__THE DATA__
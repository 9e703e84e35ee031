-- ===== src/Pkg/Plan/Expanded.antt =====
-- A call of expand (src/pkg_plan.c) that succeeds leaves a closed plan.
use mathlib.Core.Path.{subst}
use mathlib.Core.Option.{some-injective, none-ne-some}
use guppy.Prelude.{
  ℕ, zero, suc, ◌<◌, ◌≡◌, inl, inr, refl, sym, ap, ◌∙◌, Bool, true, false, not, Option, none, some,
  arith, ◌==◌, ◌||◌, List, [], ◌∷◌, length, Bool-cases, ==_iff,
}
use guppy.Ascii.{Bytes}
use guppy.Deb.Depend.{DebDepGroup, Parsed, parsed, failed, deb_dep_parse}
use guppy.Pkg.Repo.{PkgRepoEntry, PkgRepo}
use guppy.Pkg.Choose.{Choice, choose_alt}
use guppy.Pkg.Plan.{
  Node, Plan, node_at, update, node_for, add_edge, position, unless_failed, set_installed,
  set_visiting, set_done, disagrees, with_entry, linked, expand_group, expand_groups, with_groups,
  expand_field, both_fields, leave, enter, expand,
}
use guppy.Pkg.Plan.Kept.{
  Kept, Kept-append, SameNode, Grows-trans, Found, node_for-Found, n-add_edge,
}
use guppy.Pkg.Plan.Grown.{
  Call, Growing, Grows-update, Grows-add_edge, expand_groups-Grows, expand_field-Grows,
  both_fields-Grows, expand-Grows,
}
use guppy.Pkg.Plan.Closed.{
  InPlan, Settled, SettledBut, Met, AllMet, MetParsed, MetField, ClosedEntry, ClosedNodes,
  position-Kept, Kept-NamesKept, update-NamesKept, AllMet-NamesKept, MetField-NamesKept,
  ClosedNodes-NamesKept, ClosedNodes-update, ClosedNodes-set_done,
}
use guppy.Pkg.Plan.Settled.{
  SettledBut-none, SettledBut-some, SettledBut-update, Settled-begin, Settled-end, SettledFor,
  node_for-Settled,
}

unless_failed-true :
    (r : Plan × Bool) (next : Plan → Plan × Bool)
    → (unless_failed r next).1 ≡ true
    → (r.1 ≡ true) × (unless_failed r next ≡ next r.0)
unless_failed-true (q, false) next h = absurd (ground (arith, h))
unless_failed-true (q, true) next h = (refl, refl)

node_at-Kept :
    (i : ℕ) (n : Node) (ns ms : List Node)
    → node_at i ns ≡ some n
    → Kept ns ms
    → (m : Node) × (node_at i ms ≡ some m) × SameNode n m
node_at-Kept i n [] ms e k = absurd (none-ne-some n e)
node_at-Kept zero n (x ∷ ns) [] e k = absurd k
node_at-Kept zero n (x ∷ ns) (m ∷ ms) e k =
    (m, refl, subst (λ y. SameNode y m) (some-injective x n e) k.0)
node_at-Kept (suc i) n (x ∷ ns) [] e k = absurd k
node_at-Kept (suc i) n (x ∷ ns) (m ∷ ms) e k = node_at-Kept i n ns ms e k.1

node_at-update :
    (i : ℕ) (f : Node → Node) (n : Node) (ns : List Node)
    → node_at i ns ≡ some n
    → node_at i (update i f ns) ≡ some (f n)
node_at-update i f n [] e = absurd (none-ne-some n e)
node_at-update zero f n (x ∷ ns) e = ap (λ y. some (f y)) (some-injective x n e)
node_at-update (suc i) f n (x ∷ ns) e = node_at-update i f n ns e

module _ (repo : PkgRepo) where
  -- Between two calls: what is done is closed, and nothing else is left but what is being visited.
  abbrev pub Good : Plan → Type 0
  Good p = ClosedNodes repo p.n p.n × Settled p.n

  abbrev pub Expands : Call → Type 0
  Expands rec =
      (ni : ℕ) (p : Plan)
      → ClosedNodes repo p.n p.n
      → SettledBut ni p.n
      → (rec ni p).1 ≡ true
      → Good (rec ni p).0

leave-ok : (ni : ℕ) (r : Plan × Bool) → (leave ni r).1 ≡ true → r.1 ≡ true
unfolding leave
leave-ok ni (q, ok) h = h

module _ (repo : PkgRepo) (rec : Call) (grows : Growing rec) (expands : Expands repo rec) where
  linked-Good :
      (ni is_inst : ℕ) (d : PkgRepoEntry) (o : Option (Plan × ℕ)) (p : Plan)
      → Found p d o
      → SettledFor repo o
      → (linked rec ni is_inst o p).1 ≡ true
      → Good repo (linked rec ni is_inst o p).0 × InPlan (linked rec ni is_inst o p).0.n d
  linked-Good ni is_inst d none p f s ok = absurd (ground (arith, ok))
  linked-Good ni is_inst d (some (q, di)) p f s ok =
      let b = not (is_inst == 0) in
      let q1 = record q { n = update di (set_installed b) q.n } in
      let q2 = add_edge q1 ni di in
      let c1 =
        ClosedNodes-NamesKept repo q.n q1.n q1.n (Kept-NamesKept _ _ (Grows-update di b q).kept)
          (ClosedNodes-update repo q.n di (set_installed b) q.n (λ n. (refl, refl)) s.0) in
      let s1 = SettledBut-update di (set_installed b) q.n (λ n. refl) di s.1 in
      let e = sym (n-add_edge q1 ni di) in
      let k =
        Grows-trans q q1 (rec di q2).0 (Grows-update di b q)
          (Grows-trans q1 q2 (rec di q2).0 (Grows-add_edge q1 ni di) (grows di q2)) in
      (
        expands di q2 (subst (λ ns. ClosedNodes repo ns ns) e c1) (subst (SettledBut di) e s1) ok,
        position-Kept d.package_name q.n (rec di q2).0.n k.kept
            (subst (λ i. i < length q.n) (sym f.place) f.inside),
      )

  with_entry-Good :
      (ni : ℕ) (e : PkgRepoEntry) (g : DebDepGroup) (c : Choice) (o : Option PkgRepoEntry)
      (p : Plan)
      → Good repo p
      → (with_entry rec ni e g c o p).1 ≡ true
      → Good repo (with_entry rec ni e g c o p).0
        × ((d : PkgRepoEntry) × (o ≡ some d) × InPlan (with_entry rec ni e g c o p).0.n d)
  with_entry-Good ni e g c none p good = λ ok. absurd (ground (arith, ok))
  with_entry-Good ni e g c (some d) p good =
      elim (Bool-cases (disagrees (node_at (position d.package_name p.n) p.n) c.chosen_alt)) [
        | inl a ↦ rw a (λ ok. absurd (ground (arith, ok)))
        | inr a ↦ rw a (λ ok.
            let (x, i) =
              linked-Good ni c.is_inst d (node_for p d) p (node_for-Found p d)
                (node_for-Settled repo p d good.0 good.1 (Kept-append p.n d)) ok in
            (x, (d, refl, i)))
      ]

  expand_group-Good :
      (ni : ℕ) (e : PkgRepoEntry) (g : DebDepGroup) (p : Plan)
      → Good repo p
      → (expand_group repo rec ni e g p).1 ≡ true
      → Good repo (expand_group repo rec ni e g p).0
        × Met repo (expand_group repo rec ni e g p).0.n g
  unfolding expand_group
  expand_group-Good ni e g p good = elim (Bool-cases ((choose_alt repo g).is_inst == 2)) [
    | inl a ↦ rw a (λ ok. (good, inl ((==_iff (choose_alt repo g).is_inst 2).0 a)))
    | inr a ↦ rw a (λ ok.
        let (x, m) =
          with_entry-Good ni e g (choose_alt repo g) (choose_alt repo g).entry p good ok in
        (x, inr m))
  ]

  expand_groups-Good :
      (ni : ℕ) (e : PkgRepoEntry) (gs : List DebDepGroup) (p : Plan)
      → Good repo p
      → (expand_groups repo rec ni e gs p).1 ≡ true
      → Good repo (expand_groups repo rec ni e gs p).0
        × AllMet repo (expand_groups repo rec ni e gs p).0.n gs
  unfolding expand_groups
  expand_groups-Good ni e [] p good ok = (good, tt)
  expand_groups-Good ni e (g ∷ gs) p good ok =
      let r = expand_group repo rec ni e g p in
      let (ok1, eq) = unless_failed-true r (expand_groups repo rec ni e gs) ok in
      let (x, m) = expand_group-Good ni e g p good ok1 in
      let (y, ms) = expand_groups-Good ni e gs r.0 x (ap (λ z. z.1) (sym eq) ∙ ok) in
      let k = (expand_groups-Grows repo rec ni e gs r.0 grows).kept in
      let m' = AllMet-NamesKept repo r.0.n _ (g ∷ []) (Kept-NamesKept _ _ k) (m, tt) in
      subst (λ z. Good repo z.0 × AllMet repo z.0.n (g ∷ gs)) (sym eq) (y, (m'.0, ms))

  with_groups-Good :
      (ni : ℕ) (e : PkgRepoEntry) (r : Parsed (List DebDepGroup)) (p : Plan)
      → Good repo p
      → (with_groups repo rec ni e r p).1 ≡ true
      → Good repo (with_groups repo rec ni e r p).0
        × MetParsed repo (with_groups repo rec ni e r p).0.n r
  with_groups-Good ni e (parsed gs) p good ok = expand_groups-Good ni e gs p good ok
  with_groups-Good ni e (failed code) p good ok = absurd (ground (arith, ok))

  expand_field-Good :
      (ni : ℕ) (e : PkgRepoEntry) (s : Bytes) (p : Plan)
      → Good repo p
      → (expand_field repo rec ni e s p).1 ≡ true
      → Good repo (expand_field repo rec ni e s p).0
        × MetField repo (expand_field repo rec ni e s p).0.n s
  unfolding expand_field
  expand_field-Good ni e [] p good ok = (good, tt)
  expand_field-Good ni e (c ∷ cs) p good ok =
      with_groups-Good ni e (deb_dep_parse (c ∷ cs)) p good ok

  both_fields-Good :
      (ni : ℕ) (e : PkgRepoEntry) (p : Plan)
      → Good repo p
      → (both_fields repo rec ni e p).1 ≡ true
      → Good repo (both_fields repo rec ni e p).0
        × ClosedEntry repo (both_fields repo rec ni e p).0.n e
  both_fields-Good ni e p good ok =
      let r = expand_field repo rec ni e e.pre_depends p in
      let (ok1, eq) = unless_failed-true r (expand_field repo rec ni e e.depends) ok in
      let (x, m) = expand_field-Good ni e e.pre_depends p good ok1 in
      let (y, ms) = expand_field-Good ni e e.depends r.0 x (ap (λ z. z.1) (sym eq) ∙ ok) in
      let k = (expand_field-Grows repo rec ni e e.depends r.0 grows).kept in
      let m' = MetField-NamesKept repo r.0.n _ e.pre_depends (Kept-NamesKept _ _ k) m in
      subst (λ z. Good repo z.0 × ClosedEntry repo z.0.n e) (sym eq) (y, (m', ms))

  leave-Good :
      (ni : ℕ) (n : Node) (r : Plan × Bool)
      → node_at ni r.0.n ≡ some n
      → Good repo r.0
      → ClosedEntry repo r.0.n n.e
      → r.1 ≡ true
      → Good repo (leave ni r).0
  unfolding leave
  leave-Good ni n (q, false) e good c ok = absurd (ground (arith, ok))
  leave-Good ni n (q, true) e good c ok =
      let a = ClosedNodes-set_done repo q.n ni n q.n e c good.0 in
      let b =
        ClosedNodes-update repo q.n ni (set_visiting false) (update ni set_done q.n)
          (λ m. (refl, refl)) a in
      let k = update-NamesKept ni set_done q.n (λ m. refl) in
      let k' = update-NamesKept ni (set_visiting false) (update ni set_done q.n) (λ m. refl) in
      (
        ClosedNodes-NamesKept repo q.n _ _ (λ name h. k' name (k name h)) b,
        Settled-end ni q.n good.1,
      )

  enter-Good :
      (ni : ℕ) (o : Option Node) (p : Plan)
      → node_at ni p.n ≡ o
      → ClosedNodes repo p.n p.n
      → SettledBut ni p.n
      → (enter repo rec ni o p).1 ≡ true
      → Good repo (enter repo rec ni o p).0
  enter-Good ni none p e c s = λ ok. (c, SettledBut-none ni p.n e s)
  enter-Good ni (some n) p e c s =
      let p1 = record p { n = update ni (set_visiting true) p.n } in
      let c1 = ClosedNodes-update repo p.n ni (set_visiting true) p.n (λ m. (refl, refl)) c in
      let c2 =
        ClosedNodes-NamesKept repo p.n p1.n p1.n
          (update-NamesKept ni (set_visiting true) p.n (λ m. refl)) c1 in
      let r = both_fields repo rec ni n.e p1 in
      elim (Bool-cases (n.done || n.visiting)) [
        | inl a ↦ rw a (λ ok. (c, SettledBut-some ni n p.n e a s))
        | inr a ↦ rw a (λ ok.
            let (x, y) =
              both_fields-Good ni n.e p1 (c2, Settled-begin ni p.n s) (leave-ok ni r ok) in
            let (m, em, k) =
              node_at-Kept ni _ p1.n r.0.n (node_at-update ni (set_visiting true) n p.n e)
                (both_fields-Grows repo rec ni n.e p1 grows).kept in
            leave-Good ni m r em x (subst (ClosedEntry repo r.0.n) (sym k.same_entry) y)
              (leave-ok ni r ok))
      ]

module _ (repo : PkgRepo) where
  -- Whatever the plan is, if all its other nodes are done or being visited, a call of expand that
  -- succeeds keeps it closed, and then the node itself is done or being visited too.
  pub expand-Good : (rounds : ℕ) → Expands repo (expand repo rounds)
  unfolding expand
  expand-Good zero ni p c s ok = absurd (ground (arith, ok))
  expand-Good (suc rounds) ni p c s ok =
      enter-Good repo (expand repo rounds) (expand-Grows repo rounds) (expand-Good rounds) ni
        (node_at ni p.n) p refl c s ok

...

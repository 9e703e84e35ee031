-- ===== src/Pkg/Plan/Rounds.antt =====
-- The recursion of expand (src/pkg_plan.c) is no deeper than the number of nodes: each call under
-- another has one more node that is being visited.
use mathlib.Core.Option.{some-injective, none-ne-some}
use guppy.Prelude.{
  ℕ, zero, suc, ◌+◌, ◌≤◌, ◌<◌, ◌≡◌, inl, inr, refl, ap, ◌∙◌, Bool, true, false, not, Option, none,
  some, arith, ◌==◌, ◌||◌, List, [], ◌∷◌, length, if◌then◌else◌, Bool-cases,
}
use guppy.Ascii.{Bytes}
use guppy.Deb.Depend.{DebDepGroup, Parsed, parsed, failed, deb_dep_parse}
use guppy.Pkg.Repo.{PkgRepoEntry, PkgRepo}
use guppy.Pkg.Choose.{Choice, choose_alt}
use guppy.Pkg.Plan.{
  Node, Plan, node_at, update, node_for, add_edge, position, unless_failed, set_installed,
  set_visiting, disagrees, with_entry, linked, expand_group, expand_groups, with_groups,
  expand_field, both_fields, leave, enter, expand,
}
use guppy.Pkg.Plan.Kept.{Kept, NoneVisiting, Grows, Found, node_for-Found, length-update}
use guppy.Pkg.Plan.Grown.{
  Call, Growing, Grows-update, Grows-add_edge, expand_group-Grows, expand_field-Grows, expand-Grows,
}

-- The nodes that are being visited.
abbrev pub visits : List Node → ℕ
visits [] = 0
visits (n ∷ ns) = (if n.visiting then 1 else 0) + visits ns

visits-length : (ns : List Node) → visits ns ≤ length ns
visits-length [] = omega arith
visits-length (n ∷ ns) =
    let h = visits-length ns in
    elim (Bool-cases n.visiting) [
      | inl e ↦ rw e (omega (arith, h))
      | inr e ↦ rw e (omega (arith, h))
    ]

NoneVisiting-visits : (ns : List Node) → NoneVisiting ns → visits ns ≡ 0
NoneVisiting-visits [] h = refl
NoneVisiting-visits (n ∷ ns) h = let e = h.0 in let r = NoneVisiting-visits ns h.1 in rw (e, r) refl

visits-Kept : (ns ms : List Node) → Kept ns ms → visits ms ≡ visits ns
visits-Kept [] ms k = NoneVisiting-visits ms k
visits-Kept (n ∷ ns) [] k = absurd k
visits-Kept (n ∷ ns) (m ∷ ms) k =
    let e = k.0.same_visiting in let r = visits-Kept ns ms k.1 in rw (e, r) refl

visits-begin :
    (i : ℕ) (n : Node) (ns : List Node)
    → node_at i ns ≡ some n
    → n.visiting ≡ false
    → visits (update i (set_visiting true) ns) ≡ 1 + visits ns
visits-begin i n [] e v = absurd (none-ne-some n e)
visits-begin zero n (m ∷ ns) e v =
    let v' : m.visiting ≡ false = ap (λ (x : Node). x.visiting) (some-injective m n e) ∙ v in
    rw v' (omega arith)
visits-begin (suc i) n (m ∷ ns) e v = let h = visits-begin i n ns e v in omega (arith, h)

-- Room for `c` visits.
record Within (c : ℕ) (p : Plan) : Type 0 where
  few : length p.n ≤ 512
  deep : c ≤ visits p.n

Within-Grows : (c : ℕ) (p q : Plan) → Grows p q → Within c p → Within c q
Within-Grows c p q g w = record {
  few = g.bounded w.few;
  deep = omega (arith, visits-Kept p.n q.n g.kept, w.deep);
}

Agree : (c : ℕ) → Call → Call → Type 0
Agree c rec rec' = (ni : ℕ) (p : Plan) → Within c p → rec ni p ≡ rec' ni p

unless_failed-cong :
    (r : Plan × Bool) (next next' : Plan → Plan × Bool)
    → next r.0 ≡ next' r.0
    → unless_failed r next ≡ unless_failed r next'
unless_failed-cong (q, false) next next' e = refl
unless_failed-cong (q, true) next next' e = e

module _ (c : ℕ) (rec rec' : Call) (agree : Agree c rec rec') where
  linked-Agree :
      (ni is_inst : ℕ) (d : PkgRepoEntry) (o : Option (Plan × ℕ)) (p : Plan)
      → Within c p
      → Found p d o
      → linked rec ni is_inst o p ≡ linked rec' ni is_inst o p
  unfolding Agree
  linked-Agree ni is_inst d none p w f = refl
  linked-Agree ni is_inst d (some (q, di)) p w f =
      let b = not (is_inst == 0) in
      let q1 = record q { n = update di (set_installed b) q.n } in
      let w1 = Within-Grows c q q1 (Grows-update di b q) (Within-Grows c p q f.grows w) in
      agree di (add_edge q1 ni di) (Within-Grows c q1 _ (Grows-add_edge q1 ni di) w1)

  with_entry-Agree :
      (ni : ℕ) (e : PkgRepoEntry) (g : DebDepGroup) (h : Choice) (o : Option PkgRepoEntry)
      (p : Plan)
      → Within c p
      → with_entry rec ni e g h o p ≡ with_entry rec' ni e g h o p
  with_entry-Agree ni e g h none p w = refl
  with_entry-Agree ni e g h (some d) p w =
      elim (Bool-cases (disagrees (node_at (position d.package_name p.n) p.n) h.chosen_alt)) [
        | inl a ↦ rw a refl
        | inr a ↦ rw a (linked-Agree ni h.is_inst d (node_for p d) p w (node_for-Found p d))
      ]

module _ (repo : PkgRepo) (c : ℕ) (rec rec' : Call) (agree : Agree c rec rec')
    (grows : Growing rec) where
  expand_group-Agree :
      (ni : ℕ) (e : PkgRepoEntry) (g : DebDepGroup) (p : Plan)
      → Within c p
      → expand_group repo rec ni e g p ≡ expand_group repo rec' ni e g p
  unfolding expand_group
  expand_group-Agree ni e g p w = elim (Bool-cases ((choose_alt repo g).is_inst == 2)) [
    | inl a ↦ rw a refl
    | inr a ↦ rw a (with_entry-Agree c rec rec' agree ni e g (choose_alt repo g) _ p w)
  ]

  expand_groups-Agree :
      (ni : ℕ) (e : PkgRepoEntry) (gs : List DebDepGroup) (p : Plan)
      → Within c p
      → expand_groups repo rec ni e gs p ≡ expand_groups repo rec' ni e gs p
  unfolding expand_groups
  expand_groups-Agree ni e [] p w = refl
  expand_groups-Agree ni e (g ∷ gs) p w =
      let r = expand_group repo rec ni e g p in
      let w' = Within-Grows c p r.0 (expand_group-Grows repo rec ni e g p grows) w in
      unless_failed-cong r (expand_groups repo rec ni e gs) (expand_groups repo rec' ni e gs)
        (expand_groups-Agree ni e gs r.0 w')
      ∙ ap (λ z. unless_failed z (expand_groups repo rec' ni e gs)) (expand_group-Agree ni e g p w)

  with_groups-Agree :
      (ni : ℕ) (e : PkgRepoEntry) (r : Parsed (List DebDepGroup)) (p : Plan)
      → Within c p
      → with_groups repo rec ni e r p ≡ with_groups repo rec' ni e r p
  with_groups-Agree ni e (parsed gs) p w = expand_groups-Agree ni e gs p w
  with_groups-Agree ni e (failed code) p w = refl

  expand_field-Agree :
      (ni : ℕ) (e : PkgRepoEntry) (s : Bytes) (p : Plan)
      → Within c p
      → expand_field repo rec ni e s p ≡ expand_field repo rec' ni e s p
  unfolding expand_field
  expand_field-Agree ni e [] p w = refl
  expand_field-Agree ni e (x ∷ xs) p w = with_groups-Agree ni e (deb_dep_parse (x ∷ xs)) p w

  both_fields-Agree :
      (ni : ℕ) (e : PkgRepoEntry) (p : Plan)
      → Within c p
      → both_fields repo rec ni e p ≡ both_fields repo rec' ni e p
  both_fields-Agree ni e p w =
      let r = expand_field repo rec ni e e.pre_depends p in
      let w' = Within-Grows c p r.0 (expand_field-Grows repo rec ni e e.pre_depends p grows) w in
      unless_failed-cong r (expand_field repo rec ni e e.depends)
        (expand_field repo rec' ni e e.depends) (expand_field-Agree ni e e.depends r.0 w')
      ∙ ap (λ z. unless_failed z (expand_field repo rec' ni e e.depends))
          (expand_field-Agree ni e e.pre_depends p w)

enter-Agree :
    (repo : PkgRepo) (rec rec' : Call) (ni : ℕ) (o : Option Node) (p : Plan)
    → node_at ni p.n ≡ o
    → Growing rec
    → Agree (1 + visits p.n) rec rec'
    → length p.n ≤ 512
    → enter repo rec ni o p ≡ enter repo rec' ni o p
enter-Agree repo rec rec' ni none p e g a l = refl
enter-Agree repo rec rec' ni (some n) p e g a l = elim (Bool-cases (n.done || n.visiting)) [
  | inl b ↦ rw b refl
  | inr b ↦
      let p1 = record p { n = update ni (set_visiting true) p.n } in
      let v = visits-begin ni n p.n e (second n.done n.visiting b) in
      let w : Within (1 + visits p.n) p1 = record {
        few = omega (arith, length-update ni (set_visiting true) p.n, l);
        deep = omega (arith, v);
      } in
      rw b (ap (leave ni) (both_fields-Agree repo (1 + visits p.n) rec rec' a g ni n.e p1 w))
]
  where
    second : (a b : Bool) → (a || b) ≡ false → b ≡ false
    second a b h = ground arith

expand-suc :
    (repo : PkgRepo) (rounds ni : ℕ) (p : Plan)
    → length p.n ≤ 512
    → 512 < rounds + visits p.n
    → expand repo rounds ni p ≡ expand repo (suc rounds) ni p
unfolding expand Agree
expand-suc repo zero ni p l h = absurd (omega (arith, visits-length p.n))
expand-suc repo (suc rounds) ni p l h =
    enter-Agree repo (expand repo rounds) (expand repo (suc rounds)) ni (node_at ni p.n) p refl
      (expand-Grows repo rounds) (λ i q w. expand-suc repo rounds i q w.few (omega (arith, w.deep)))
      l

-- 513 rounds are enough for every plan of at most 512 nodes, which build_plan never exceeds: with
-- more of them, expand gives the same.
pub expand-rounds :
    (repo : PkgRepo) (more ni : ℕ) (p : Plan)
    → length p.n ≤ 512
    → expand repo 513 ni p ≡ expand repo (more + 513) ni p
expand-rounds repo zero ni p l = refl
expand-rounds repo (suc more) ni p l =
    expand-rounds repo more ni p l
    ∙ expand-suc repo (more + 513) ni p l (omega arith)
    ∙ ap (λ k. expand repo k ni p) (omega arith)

__WHAT IS REQUIRED__
Isolate the lines above that contain the word "SameNode" and copy them.

__SOLUTION TO THE PROBLEM__
  Kept, Kept-append, SameNode, Grows-trans, Found, node_for-Found, n-add_edge,
    → (m : Node) × (node_at i ms ≡ some m) × SameNode n m
    (m, refl, subst (λ y. SameNode y m) (some-injective x n e) k.0)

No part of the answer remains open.